La epifanía de Tom

Jack ReacherSiento empañar estas fechas tan festivas pero me temo que traigo muy malas noticias: Tom Cruise tiene tetas. Además de los hombros caídos, el culo gordo y el cuello como un gallo de corral. La edad no perdona. Ni con bótox y una ortodoncia millonaria para dejarle los dientes perfectamente descolocados. No me explico como mi Maverick hermoso se ha convertido en este ser talludito y sin vergüenza.

Qué disgusto tengo. Sólo de pensar en la pobre Suri con su modesta carta a los reyes por valor de cien mil dólares se me saltan las lágrimas. Créanme si les digo que arrancarme las uñas una a una me hubiera dolido menos que soportar los ciento treinta minutos que dura Jack Reacher. Ni la euforia que me produce comerme palomitas hasta que se me escarchan los labios y la lengua fue capaz de paliar la desazón que me entró con tanto despropósito cinematográfico.

No se vayan a creer que en lo que al séptimo arte se refiere soy una exquisita. Ni mucho menos. Se me eriza todo el sistema capilar cada vez que me ponen la bandera americana detrás de un soldado yendo o viniendo de Vietnam. Y me encantan las películas de equipos de béisbol que se crecen ante la adversidad. Me da igual que los jugadores sean viejas glorias o prepúberes asociales. Nunca me cansaré de ver como el niño con sobrepeso firma el home run definitivo bajo la atenta mirada del pitcher bizco y el catcher empollón. Que el equipo contrario siempre vaya super bien equipado de negro y amarillo no hace más que hacer más memorable la victoria del equipo modesto con su uniforme blanco y verde comprado con la donación de un veterano de guerra con mal genio pero buen corazón. No falla.
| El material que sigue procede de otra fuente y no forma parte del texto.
-- ===== src/Rpc/Server/Replies.antt =====
-- What Invoke returns, where the codes of the request are registered and the methods return.
use emicro.Common.{
  ℕ, ◌≡◌, ◌⊎◌, inl, inr, refl, Option, some, Option-cases, [], get_elem?, Returns, Returns-ok,
}
use emicro.Common.Maps.{Bytes, lookup}
use emicro.Message.Request.{Request}
use emicro.Message.Response.{Response}
use emicro.Rpc.Codec.{
  Result-cases, Compressor, Serializer, invalid_service_name, not_found_service_method,
}
use emicro.Rpc.Stub.{
  Results, no_results, one, two, nil, err, no_error, Method, Stub, with_error, answer, finish,
  call_method, stub_invoke,
}
use emicro.Rpc.Server.{Server, invoke}

-- The response takes the request's id and codes, and has no data beside an error.
pub record Replies (req : Request) (resp : Response) : Type 0 where
  pub id : resp.message_id ≡ req.message_id
  pub version : resp.version ≡ req.version
  pub compresser : resp.compresser ≡ req.compresser
  pub serializer : resp.serializer ≡ req.serializer
  pub one_of : (resp.error ≡ []) ⊎ (resp.payload ≡ [])

-- Results that Invoke reads with no panic: a value, alone, or with an error or nil.
abbrev pub IsUsual : {V : Type 0} → Results V → Type 0
IsUsual no_results = ⊥
IsUsual (one v) = Unit
IsUsual (two v nil) = Unit
IsUsual (two v (err e)) = Unit
IsUsual (two v no_error) = ⊥

-- A method with a parameter for the request, that returns usual results.
pub record Callable {V S : Type 0} (method : Method V S) : Type 0 where
  pub input : V
  pub has_input : method.input ≡ some input
  pub usual :
      (deadline : Option ℕ) (v : V) (s : S) → Returns (λ r. IsUsual r.0) (method.call deadline v s)

-- The codes of the request are registered, and its method, where there is one, can be called.
pub record Ready {V S : Type 0} (srv : Server V S) (req : Request) : Type 0 where
  pub serializer : Serializer V
  pub compresser : Compressor
  pub has_serializer : get_elem? srv.serializers req.serializer ≡ some (some serializer)
  pub has_compresser : get_elem? srv.compressors req.compresser ≡ some (some compresser)
  pub methods :
      (stub : Stub V S) (method : Method V S)
      → lookup req.service_name srv.services ≡ some stub
      → lookup req.method_name stub.methods ≡ some method
      → Callable method

with_error-Replies : (req : Request) (text : Bytes) → Replies req (with_error req text)
with_error-Replies req text = record {
  id = refl;
  version = refl;
  compresser = refl;
  serializer = refl;
  one_of = inr refl;
}

module _ {V : Type 0} where
  answer-Replies :
      (req : Request) (serializer : Serializer V) (compresser : Compressor) (v : V)
      → Replies req (answer req serializer compresser v)
  unfolding answer
  answer-Replies req serializer compresser v = elim (Result-cases (serializer.encode v)) [
    | inl (e, h) ↦ rw (h, answer) (with_error-Replies req e)
    | inr (bs, h) ↦ elim (Result-cases (compresser.compress bs)) [
      | inl (e, h') ↦ rw (h, h', answer) (with_error-Replies req e)
      | inr (resp_data, h') ↦
          rw (h, h', answer)
            (record {
              id = refl;
              version = refl;
              compresser = refl;
              serializer = refl;
              one_of = inl refl;
            })
    ]
  ]

  finish-Replies :
      (req : Request) (serializer : Serializer V) (compresser : Compressor) (res : Results V)
      → IsUsual res
      → Returns (λ resp. Replies req resp) (finish req serializer compresser res)
  unfolding finish
  finish-Replies req serializer compresser no_results h = absurd h
  finish-Replies req serializer compresser (one v) h = answer-Replies req serializer compresser v
  finish-Replies req serializer compresser (two v nil) h =
      answer-Replies req serializer compresser v
  finish-Replies req serializer compresser (two v (err e)) h = with_error-Replies req e
  finish-Replies req serializer compresser (two v no_error) h = absurd h

module _ {V S : Type 0} where
  call_method-Replies :
      (req : Request) (serializer : Serializer V) (compresser : Compressor) (method : Method V S)
      (callable : Callable method) (deadline : Option ℕ) (req_data : Bytes) (s : S)
      → Returns
          (λ r. Replies req r.0)
          (call_method req serializer compresser method callable.input deadline req_data s)
  unfolding call_method
  call_method-Replies req serializer compresser method callable deadline req_data s =
      elim (Result-cases (serializer.decode req_data callable.input)) [
        | inl (e, h) ↦ rw (h, call_method) (with_error-Replies req e)
        | inr (arg, h) ↦
            let (r, called, usual) =
              Returns-ok (λ r. IsUsual r.0) (method.call deadline arg s)
                (callable.usual deadline arg s) in
            let (resp, done, replies) =
              Returns-ok (λ resp. Replies req resp) (finish req serializer compresser r.0)
                (finish-Replies req serializer compresser r.0 usual) in
            rw (h, called, done, call_method) replies
      ]

  -- Where the codes of the request are registered and the services' methods take a request and
  -- return usual results, Invoke returns, whatever the data are: a response with the request's id
  -- and codes, and with no data beside an error.
  pub invoke-Returns :
      (srv : Server V S) (deadline : Option ℕ) (req : Request) (s : S)
      → Ready srv req
      → Returns (λ r. Replies req r.0) (invoke srv deadline req s)
  unfolding invoke stub_invoke
  invoke-Returns srv deadline req s ready =
      elim (Option-cases (lookup req.service_name srv.services)) [
        | inl no_service ↦ rw (no_service, invoke) (with_error-Replies req invalid_service_name)
        | inr (stub, at) ↦ elim (Option-cases (lookup req.method_name stub.methods)) [
          | inl no_method ↦
              rw (at, no_method, invoke, stub_invoke)
                (with_error-Replies req (not_found_service_method req.method_name))
          | inr (method, at') ↦
              let callable = ready.methods stub method at at' in
              elim (Result-cases (ready.compresser.un_compress req.payload)) [
                | inl (e, h) ↦
                    rw (at, at', callable.has_input, ready.has_compresser, h, invoke, stub_invoke)
                      (with_error-Replies req e)
                | inr (req_data, h) ↦
                    rw
                      (
                        at, at', callable.has_input, ready.has_compresser, h, ready.has_serializer,
                        invoke, stub_invoke,
                      )
                      (call_method-Replies req ready.serializer ready.compresser method callable
                        deadline req_data s)
              ]
        ]
      ]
Reconozco incluso que la película del equipo de bobsleigh jamaicano la he visto no una ni dos, sino tres veces, y que lloré amargamente cuando Corky consiguió cruzar la línea de meta en una competición de atletismo escolar. El otro día sin ir más lejos el padre tigre y yo nos tragamos una película de bailarines de breakdance que no tenía desperdicio. Ni cuando muy oportunamente se puso a llover a cántaros para que les quedara más lucido el baile final con el que los adolescentes de academia les dieron en las narices a las bandas callejeras.

Hace ya unos cuantos años me las vi en una entrevista muy pintona con una panda de banqueros de inversión parisinos. De esos que son finos finísimos a la par que intelectuales y cultivados. De los que en los casual Friday se ponen jerseys negros de cuello vuelto. De cachemir. Del bueno. En un momento de la entrevista me preguntaron cuál era mi película preferida. Podría haberme tirado el pisto citando alguna película de culto francesa o algún director de esos alemanes que hacen películas que, a pesar de ser infumables, por lo visto son buenísimas. Podría incluso haber tirado de Ciudadano Kane. Nadie cuestiona los clásicos. Pero no. Les miré fijamente y dije muy alto y muy claro: Armageddon. Por si les quedaba alguna duda añadí: la de Bruce Willis. Y no mentía. No se le ha hecho justicia a esa escena en la que Liv Tyler acaricia con una tristeza infinita la pantalla nevada mientras su padre en la vida real canta I don’t wanna miss a thing con voz desgarrada.

Desde luego a  lucirme en entrevistas no me gana nadie. En otra para una empresa muy yankee me preguntaron si me gustaba trabajar en equipo. Ni corta ni perezosa dije que no. Lo que a la sazón es una verdad como un templo. Pero hoy estoy aquí para evitar que cometan un terrible error. No se les ocurra, ni en pintura, pagar ni un euro ni medio para ver Jack Reacher. Es más, no vayan a verla ni gratis. Su tiempo vale más que esta película de la que no se salva ni el tórax desnudo de Cruise. Es mala. Malísima. Sin más.

Con todo el dolor de mi corazón, querido Tom, hemos terminado.

16 respuestas a “La epifanía de Tom

  1. No pensaba ir a verla, pero gracias por tan sincera opinión. Ciertamente Tom Cruise a perdido con los años de forma terrible. Y gracias por recordarme a Corky! Lo tenía en el olvido; me encantaba. Y ahora me pica la curiosidad, ¿cuál fue el resultado de las entrevistas? Intuyo que les encantó,. Yo hice algunas de esas y para mi sorpresa me dijeron “nos gusta la gente con valor y que defiende sus ideas en lugar de ir peloteando.” Un beso y feliz noche/día de Reyes.

    1. Corky era un gran clásico de los Domingos por la tarde. No sé si lo ponían antes o después de Estrenos TV ¿Te acuerdas?

      Has dado en el clavo, me dieron el trabajo aunque sospecho que no por mis méritos académicos…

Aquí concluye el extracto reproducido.